- _Assignment_
Filter the records below down to lines containing "zero".

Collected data
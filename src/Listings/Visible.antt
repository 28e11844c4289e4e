-- ===== src/Listings/Visible.antt =====
-- The pages of `SearchListings`: src/listings/application/use_cases/search_listings.py.
use estate_os_service.Base.{
  ℕ, Uuid, String, ◌≡◌, refl, Bool, true, not, Option, none, some, List, [], ◌∷◌, filter, take,
  drop,
}
use estate_os_service.Listings.Model.{PropertyListing, PropertyFilters}
use estate_os_service.Listings.Store.{Rows, list_by_ids, sort_rows}
use estate_os_service.Listings.Cursor.{Codec}
use estate_os_service.Listings.Search.{
  LocationFilter, ParsedQuery, has_unevaluable_criterion, partition_and_rank, relational_fallback,
  in_order, split_buckets, run_vector_query, CachedSearchResult, page_from_cache, cached_page,
}
use estate_os_service.Listings.Pipeline.{
  Ports, compute_ranked, search_listings, rank_matches, rank_vector,
}
use estate_os_service.Listings.Active.{
  all_active, all_active-append, all_active-filter, all_active-take, all_active-drop,
  all_active-sort_rows, all_active-sort_by_place, list_by_ids-active, all_active-in_order,
}

-- Putting the rows that miss data last keeps what is shown active, sorted or not.
split_buckets-active :
    (parsed : ParsedQuery) (ls : List PropertyListing)
    → all_active ls ≡ true
    → all_active (split_buckets parsed ls) ≡ true
split_buckets-active parsed ls h =
    all_active-append (filter (λ l. not (has_unevaluable_criterion parsed l)) ls)
      (filter (has_unevaluable_criterion parsed) ls)
      (all_active-filter (λ l. not (has_unevaluable_criterion parsed l)) ls h)
      (all_active-filter (has_unevaluable_criterion parsed) ls h)

fallback-active :
    (parsed : ParsedQuery) (candidates : List Uuid) (top_k : ℕ) (rows : Rows)
    → all_active (relational_fallback parsed candidates top_k rows) ≡ true
unfolding relational_fallback
fallback-active parsed candidates top_k rows =
    let ls = list_by_ids (take top_k candidates) rows in
    let h = list_by_ids-active (take top_k candidates) rows in
    all_active-append (sort_rows (filter (λ l. not (has_unevaluable_criterion parsed l)) ls))
      (sort_rows (filter (has_unevaluable_criterion parsed) ls))
      (all_active-sort_rows (filter (λ l. not (has_unevaluable_criterion parsed l)) ls)
        (all_active-filter (λ l. not (has_unevaluable_criterion parsed l)) ls h))
      (all_active-sort_rows (filter (has_unevaluable_criterion parsed) ls)
        (all_active-filter (has_unevaluable_criterion parsed) ls h))

partition-active :
    (parsed : ParsedQuery) (is : List Uuid) (ls : List PropertyListing)
    → all_active ls ≡ true
    → all_active (partition_and_rank parsed is ls) ≡ true
unfolding partition_and_rank
partition-active parsed is ls h =
    split_buckets-active parsed (in_order is ls) (all_active-in_order is ls h)

rank_matches-active :
    (parsed : ParsedQuery) (ms : Option (List Uuid)) (candidates : List Uuid) (top_k : ℕ)
    (rows : Rows)
    → all_active (rank_matches parsed ms candidates top_k rows) ≡ true
rank_matches-active parsed none candidates top_k rows = fallback-active parsed candidates top_k rows
rank_matches-active parsed (some []) candidates top_k rows = refl
rank_matches-active parsed (some (m ∷ ms)) candidates top_k rows =
    partition-active parsed (m ∷ ms) (list_by_ids (m ∷ ms) rows) (list_by_ids-active (m ∷ ms) rows)

rank_vector-active :
    {Vector : Type 0}
    → (p : Ports Vector) (parsed : ParsedQuery) (v : Option Vector) (c : List Uuid × Bool)
      (rows : Rows)
    → all_active (rank_vector p parsed v c rows) ≡ true
rank_vector-active p parsed none (candidates, saturated) rows =
    fallback-active parsed candidates p.top_k rows
rank_vector-active p parsed (some v) (candidates, saturated) rows =
    rank_matches-active parsed (run_vector_query p.query v candidates saturated p.top_k p.overshoot)
      candidates p.top_k rows

cached_page-active :
    {Token : Type 0}
    → (codec : Codec Token) (fp : String) (offset limit : ℕ) (ranked is : List Uuid) (rows : Rows)
    → all_active (cached_page codec fp offset limit ranked is rows).items ≡ true
cached_page-active codec fp offset limit ranked [] rows = refl
cached_page-active codec fp offset limit ranked (i ∷ is) rows =
    all_active-sort_by_place (i ∷ is) (list_by_ids (i ∷ is) rows) (list_by_ids-active (i ∷ is) rows)

-- The ranked rows of `_compute_ranked`.
compute_ranked-active :
    {Vector : Type 0}
    → (p : Ports Vector) (q : String) (location : LocationFilter) (filters : PropertyFilters)
      (rows : Rows)
    → all_active (compute_ranked p q location filters rows).1 ≡ true
unfolding compute_ranked
compute_ranked-active p q location filters rows = rank_vector-active p _ _ _ rows

-- Every listing on a page of a search is active at the time of the call: whatever the cache holds,
-- and whichever listings the vector index names, also when the extractor, the pre-filter, the
-- embedder or the index fails.
pub search_shows_active :
    {Vector Token : Type 0}
    → (p : Ports Vector) (codec : Codec Token) (fp q : String) (location : LocationFilter)
      (filters : PropertyFilters) (offset limit : ℕ) (hit : Option CachedSearchResult) (rows : Rows)
    → all_active (search_listings p codec fp q location filters offset limit hit rows).0.items
      ≡ true
unfolding search_listings page_from_cache
search_shows_active p codec fp q location filters offset limit (some hit) rows =
    cached_page-active codec fp offset limit hit.ranked_ids
      (take limit (drop offset hit.ranked_ids)) rows
search_shows_active p codec fp q location filters offset limit none rows =
    all_active-take limit (drop offset (compute_ranked p q location filters rows).1) (
      all_active-drop offset (compute_ranked p q location filters rows).1
        (compute_ranked-active p q location filters rows))
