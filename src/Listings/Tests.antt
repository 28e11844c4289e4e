-- ===== src/Listings/Tests.antt =====
-- The listings theorems at two active listings, an event of one of them, and a codec that keeps a
-- payload as it is and counts in strokes.
use estate_os_service.Strokes.{strokes, count, count-strokes}
use estate_os_service.Base.{
  ℕ, ◌<◌, ◌+◌, ◌≤◌, Uuid, Time, ◌≡◌, refl, ap, sym, ◌∙◌, true, false, none, some, [], ◌∷◌, ◌↔◌,
  length, inl, inr, arith,
}
use estate_os_service.Exec.{ok, err}
use estate_os_service.Json.{Json, num, text, obj, field, end}
use estate_os_service.Listings.Model.{PropertyListing, PropertyFilters, active, sale, house}
use estate_os_service.Listings.Snapshot.{Snapshot, given, Characteristics}
use estate_os_service.Listings.Store.{Rows, matched_rows, matches_filters, list_by_ids}
use estate_os_service.Listings.Projection.{projected}
use estate_os_service.Listings.Cursor.{
  Codec, IsInverse, Cursor, list_cursor, natural, negative, encode, decode_token, read_cursor,
  server_error,
}
use estate_os_service.Listings.Cursor.RoundTrip.{decode-encode, numeric_id_crashes}
use estate_os_service.Listings.Order.{IsKeyed}
use estate_os_service.Listings.Walk.{walk, walk_complete}
use estate_os_service.Listings.Handlers.{
  World, property_created, property_updated, property_deleted, handle_property_event,
}
use estate_os_service.Listings.Register.{Facts, view, absorb, offer, handle_property_event-view}
use estate_os_service.Listings.Newest.{IsIn}
use estate_os_service.Listings.Convergence.{
  Deliveries, replay, offers, replay_converges, deleted_listing_returns,
}
use estate_os_service.Listings.Freshness.{
  Request, key_of, page_of, serve, cache_after, list_properties-fresh,
}
use estate_os_service.Listings.Search.{
  LocationFilter, has_unevaluable_criterion, partition_and_rank, run_vector_query,
}
use estate_os_service.Listings.Pipeline.{
  Ports, search_listings, compute_ranked, render_query_for_embed,
}
use estate_os_service.Listings.Active.{all_active}
use estate_os_service.Listings.Visible.{search_shows_active}

abbrev codec : Codec Json
codec = record {
  to_token = λ j. j;
  from_token = λ j. some j;
  isoformat = strokes;
  fromisoformat = λ s. some (count s);
  uuid_text = strokes;
  parse_uuid = λ s. some (count s);
  int_of_text = λ s. natural (count s);
  int_of_number = λ s. negative;
  int_text = strokes;
  is_one = λ s. false;
}

codec-IsInverse : IsInverse codec
codec-IsInverse = record {
  token = λ j. refl;
  iso = λ t. ap some (count-strokes t);
  uuid = λ i. ap some (count-strokes i);
}

abbrev cursor : Cursor
cursor = list_cursor (record { fp = "abc"; created_at = 5; id = 2 })

decode-encode_example : decode_token codec (encode codec cursor) ≡ ok cursor
decode-encode_example = decode-encode codec cursor codec-IsInverse

numeric_id_crashes_example :
    read_cursor codec false "abc" (
      obj (
        field "v" (num 1) (
          field "k"
            (text "list")
            (field "fp" (text "abc") (field "c" (text "iii") (field "i" (num 7) end))))))
    ≡ err server_error
numeric_id_crashes_example = numeric_id_crashes codec false "abc" "abc" "iii" _ 3 7 refl refl

abbrev plain : Characteristics
plain = record {
  num_of_bedrooms = some 3;
  num_of_bathrooms = none;
  area_in_m2 = some 90;
  has_pool = none;
  has_garden = some true;
  has_elevator = none;
  floor = none;
  parking_spaces = none;
  built_at = none;
  energy_rating = none;
}

abbrev snapshot : Uuid → ℕ → ℕ → Snapshot
snapshot id v amount = record {
  id = id;
  aggregate_version = v;
  organization_id = 9;
  title = some "Casa";
  status = active;
  listing_type = sale;
  typology = house;
  address = "Rua A";
  postal_code = none;
  country = none;
  characteristics = plain;
  prices = record { amount = given amount; listing_type = given sale } ∷ [];
  images = [];
  pois = none;
  description = none;
  latitude = none;
  longitude = none;
}

abbrev listing : Uuid → Time → PropertyListing
listing id now =
    projected (snapshot id 1 500) now none now (record { amount = 500; listing_type = sale } ∷ [])
      none

abbrev rows : Rows
rows = (1, listing 1 100) ∷ (2, listing 2 200) ∷ []

rows-IsKeyed : IsKeyed rows
unfolding projected
rows-IsKeyed = (refl, refl, (refl, refl, tt))

abbrev any : PropertyFilters
any = record {
  listing_type = none;
  typology = some house;
  min_price = some 100;
  max_price = none;
  parish = none;
  municipality = none;
  district = none;
}

two : length (matched_rows any none rows) ≤ 2
unfolding matched_rows matches_filters projected
two = ground arith

walk_complete_example : walk codec "abc" any 1 rows 2 none ≡ matched_rows any none rows
walk_complete_example =
    walk_complete codec "abc" any 1 rows 2 codec-IsInverse rows-IsKeyed (ground arith) two

abbrev empty : World
empty = record { rows = []; published = [] }

abbrev full : World
full = record { rows = rows; published = [] }

handle_property_event-view_example :
    view 2 (handle_property_event none none (property_updated (snapshot 2 4 300) 700) 900 full).1
    ≡ absorb 2 (property_updated (snapshot 2 4 300) 700) (view 2 full)
handle_property_event-view_example =
    handle_property_event-view none none (property_updated (snapshot 2 4 300) 700) 900 2 full

abbrev forth : Deliveries
forth =
    (property_created (snapshot 3 1 300) 700, 900)
    ∷ (property_updated (snapshot 3 2 400) 800, 901)
    ∷ []

abbrev back : Deliveries
back =
    (property_updated (snapshot 3 2 400) 800, 902)
    ∷ (property_created (snapshot 3 1 300) 700, 903)
    ∷ (property_updated (snapshot 3 2 400) 800, 904)
    ∷ []

same_offers : (e : ℕ × Facts) → IsIn e (offers 3 forth) ↔ IsIn e (offers 3 back)
same_offers e = (
  λ i. elim i [ inl x ↦ inr (inl x) | inr j ↦ elim j [ inl y ↦ inl y | inr z ↦ ground arith ] ],
  λ i. elim i [
    | inl x ↦ inr (inl x)
    | inr j ↦ elim j [
      | inl y ↦ inl y
      | inr k ↦ elim k [ inl z ↦ inr (inl z) | inr z ↦ ground arith ]
    ]
  ],
)

abbrev version : ℕ × Facts → ℕ
version e = e.0

same_facts : (e : ℕ × Facts) (v : ℕ) (f k : Facts) → e ≡ (v, f) → e ≡ (v, k) → f ≡ k
same_facts e v f k x y = ap (λ p. p.1) (sym x ∙ y)

one_each :
    (v : ℕ) (f k : Facts) → IsIn (v, f) (offers 3 forth) → IsIn (v, k) (offers 3 forth) → f ≡ k
one_each v f k (inl x) (inl y) = same_facts _ v f k x y
one_each v f k (inl x) (inr (inl y)) = ground (arith, ap version x, ap version y)
one_each v f k (inl x) (inr (inr y)) = ground arith
one_each v f k (inr (inl x)) (inl y) = ground (arith, ap version x, ap version y)
one_each v f k (inr (inl x)) (inr (inl y)) = same_facts _ v f k x y
one_each v f k (inr (inl x)) (inr (inr y)) = ground arith
one_each v f k (inr (inr x)) j = ground arith

replay_converges_example :
    view 3 (replay none none forth empty) ≡ view 3 (replay none none back empty)
replay_converges_example =
    replay_converges none none 3 forth back empty refl refl refl same_offers one_each

deleted_listing_returns_example :
    view 2 (
      replay none none
        ((property_deleted 2 5 700, 900) ∷ (property_updated (snapshot 2 4 300) 600, 901) ∷ [])
        full)
    ≡ offer 2 (property_updated (snapshot 2 4 300) 600)
unfolding projected
deleted_listing_returns_example =
    deleted_listing_returns none none (snapshot 2 4 300) _ _ 600 700 900 901 5 full refl
      (ground arith) (ground arith) refl

abbrev request : Time → Request
request now = record { fp = "abc"; filters = any; cursor = none; limit = 1; now = now; rows = rows }

list_properties-fresh_example :
    (q : Request) × IsIn q (request 130 ∷ request 100 ∷ [])
    × (key_of codec 60 q ≡ key_of codec 60 (request 130))
    × (page_of codec 60 q
        ≡ (serve codec 60 (request 130) (cache_after codec 60 (request 100 ∷ []))).0)
    × (130 < q.now + 60)
list_properties-fresh_example =
    list_properties-fresh codec 60 (request 130) (request 100 ∷ []) (ground arith)

-- An extractor and a pre-filter that fail, and an index that names both listings.
abbrev ports : Ports ℕ
ports = record {
  extract = λ q. none;
  embed = λ text. some 7;
  query = λ v within k. some (2 ∷ 1 ∷ []);
  prefilter_fails = true;
  strip = λ s. s;
  int_text = strokes;
  top_k = 5;
  max_candidates = 100;
  overshoot = 4;
}

abbrev somewhere : LocationFilter
somewhere = record { parish = none; municipality = none; district = some "Lisboa" }

-- The page has both listings.
shown : length (search_listings ports codec "abc" "casa" somewhere any 0 10 none rows).0.items ≡ 2
unfolding search_listings compute_ranked run_vector_query partition_and_rank list_by_ids
    has_unevaluable_criterion projected render_query_for_embed
shown = refl

search_shows_active_example :
    all_active (search_listings ports codec "abc" "casa" somewhere any 0 10 none rows).0.items
    ≡ true
search_shows_active_example =
    search_shows_active ports codec "abc" "casa" somewhere any 0 10 none rows
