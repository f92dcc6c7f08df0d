-- ===== src/Sstable/DataBlock/Reader.antt =====
-- `DataBlockReader` of src/io/sstable_reader.cpp. Blocks are below 2 ^ 32 bytes in the theorems, so that `i * 4` of an
-- index of 32 bits is a plain number here.
use vroot_kv.Base.{◌^◌}
use vroot_kv.Base.{
  ℕ, zero, suc, ◌+◌, ◌-◌, ◌*◌, ◌/◌, List, [], ◌∷◌, ◌++◌, length, take, drop, get_elem?,
}
use vroot_kv.Base.{Bool, false, not, ◌||◌, ltb, leb, ◌==◌, if◌then◌else◌, Option, none, some}
use vroot_kv.Base.{Result, ok, fault, ◌>>=◌, ◌>>◌, throw_if}
use vroot_kv.Codec.Bytes.{u32, u64}
use vroot_kv.Codec.Fixed.{decode_fixed32}
use vroot_kv.Key.{Key, key_lt, key_le, key_eq}

-- The `std::runtime_error`s of the constructor.
pub data BlockError : Type 0 where
  block_too_small corrupt : BlockError

-- `full_` is read by the constructor only.
pub record DataBlockReader : Type 0 where
  pub entries : List ℕ
  pub restarts : List ℕ

-- The `num` integers from `p` on.
unfoldable pub read_offsets : ℕ → List ℕ → Result BlockError (List ℕ)
read_offsets zero p = ok []
read_offsets (suc num) p = do
  off ← decode_fixed32 p
  offs ← read_offsets num (drop 4 p)
  ok (off ∷ offs)

unfoldable pub new_reader : List ℕ → Result BlockError DataBlockReader
new_reader block = do
  throw_if (ltb (length block) 4) block_too_small
  num_restarts ← decode_fixed32 (drop (length block - 4) block)
  throw_if (ltb (length block / 4) num_restarts) corrupt
  let rest_bytes = num_restarts * 4
  throw_if (ltb (length block) (4 + rest_bytes)) corrupt
  restarts ← read_offsets num_restarts (drop (length block - 4 - rest_bytes) block)
  ok (record { entries = take (length block - 4 - rest_bytes) block; restarts = restarts })

-- The header of the entry at `off`, three integers. The bytes are read wherever `off` points.
pub record Header : Type 0 where
  pub shared : ℕ
  pub nonshared : ℕ
  pub vlen : ℕ

unfoldable pub read_header : List ℕ → ℕ → Result BlockError Header
read_header entries off = do
  shared ← decode_fixed32 (drop off entries)
  nonshared ← decode_fixed32 (drop (off + 4) entries)
  vlen ← decode_fixed32 (drop (off + 8) entries)
  ok (record { shared = shared; nonshared = nonshared; vlen = vlen })

abbrev pub need : Header → ℕ
need h = 12 + h.nonshared + h.vlen

-- The `n` bytes from `p` on, which are read wherever `p` points.
unfoldable pub bytes_at : List ℕ → ℕ → ℕ → Result BlockError (List ℕ)
bytes_at entries p n = if ltb (length entries) (p + n) then fault else ok (take n (drop p entries))

-- `key_at_offset`: `none` is the answer `false`. `off + 12` is a sum of 32-bit numbers, `off + need` one
-- of 64-bit numbers.
unfoldable pub key_at_offset : List ℕ → ℕ → Result BlockError (Option Key)
unfolding bytes_at
key_at_offset entries off =
    if ltb (length entries) (u32 (off + 12))
    then ok none
    else read_header entries off >>= λ h.
        if not (h.shared == 0)
        then ok none
        else if ltb (length entries) (u64 (off + need h))
        then ok none
        else bytes_at entries (off + 12) h.nonshared >>= λ k. ok (some k)

-- `off >= restarts_[i]`, if there is such a restart
abbrev pub past : Option ℕ → ℕ → Bool
past none off = false
past (some next) off = leb next off

module _ (r : DataBlockReader) (key : Key) where
  -- `restarts_[i]`
  unfoldable pub restart_at : ℕ → Result BlockError ℕ
  restart_at i = elim (get_elem? r.restarts i) [ none ↦ fault | some off ↦ ok off ]

  -- The binary search. `none`: the search gave up. To run out of rounds is a fault, and so is an `int` sum that
  -- overflows.
  unfoldable pub search_run : ℕ → ℕ → ℕ → Result BlockError (Option ℕ)
  search_run zero lo hi = if ltb lo hi then fault else ok (some lo)
  search_run (suc rounds) lo hi =
      let mid = (lo + hi + 1) / 2 in
      let upper = search_run rounds mid hi in
      let lower = search_run rounds lo (mid - 1) in
      if ltb lo hi
      then (if not (ltb (lo + hi + 1) (2 ^ 31))
          then fault
          else restart_at mid >>= λ off. key_at_offset r.entries off >>= λ found. elim found [
            | none ↦ ok none
            | some k ↦ if key_le k key then upper else lower
          ])
      else ok (some lo)

  -- `lo + 1 < restarts_.size() && off >= restarts_[lo + 1]`
  abbrev pub at_boundary : ℕ → ℕ → Bool
  at_boundary lo off = past (get_elem? r.restarts (lo + 1)) off

  -- The key of the entry, from the one before it: `none` if that is too short.
  abbrev pub rebuild : Key → Header → ℕ → Result BlockError (Option Key)
  rebuild prev h off = bytes_at r.entries (off + 12) h.nonshared >>= λ delta. ok (
      if h.shared == 0
      then some delta
      else if ltb (length prev) h.shared
      then none
      else some (take h.shared prev ++ delta))

  -- The scan of run `lo`. `none` is the answer `false`. To run out of rounds is a fault.
  unfoldable pub scan_run : ℕ → ℕ → ℕ → Key → Result BlockError (Option (List ℕ))
  unfolding bytes_at
  scan_run zero lo off prev =
      if not (ltb off (length r.entries)) || at_boundary lo off then ok none else fault
  scan_run (suc rounds) lo off prev =
      if not (ltb off (length r.entries)) || at_boundary lo off
      then ok none
      else if ltb (length r.entries) (u32 (off + 12))
      then ok none
      else read_header r.entries off >>= λ h.
          if ltb (length r.entries) (u64 (off + need h))
          then ok none
          else rebuild prev h off >>= λ built. elim built [
            | none ↦ ok none
            | some cur ↦
                let more = scan_run rounds lo (u32 (off + need h)) cur in
                if key_eq cur key
                then (bytes_at r.entries (off + 12 + h.nonshared) h.vlen >>= λ v. ok (some v))
                else if key_lt key cur
                then ok none
                else more
          ]

  -- `some v` is the answer `true` with `v` for `value_out`.
  unfoldable pub get : Result BlockError (Option (List ℕ))
  unfolding restart_at search_run scan_run
  get =
      if length r.restarts == 0
      then ok none
      else search_run (length r.restarts) 0 (length r.restarts - 1) >>= λ found. elim found [
        | none ↦ ok none
        | some lo ↦ restart_at lo >>= λ off. scan_run (length r.entries) lo off []
      ]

- _Written answer_
  ℕ, zero, suc, ◌+◌, ◌-◌, ◌*◌, ◌/◌, List, [], ◌∷◌, ◌++◌, length, take, drop, get_elem?,
read_offsets zero p = ok []
  search_run zero lo hi = if ltb lo hi then fault else ok (some lo)
  scan_run zero lo off prev =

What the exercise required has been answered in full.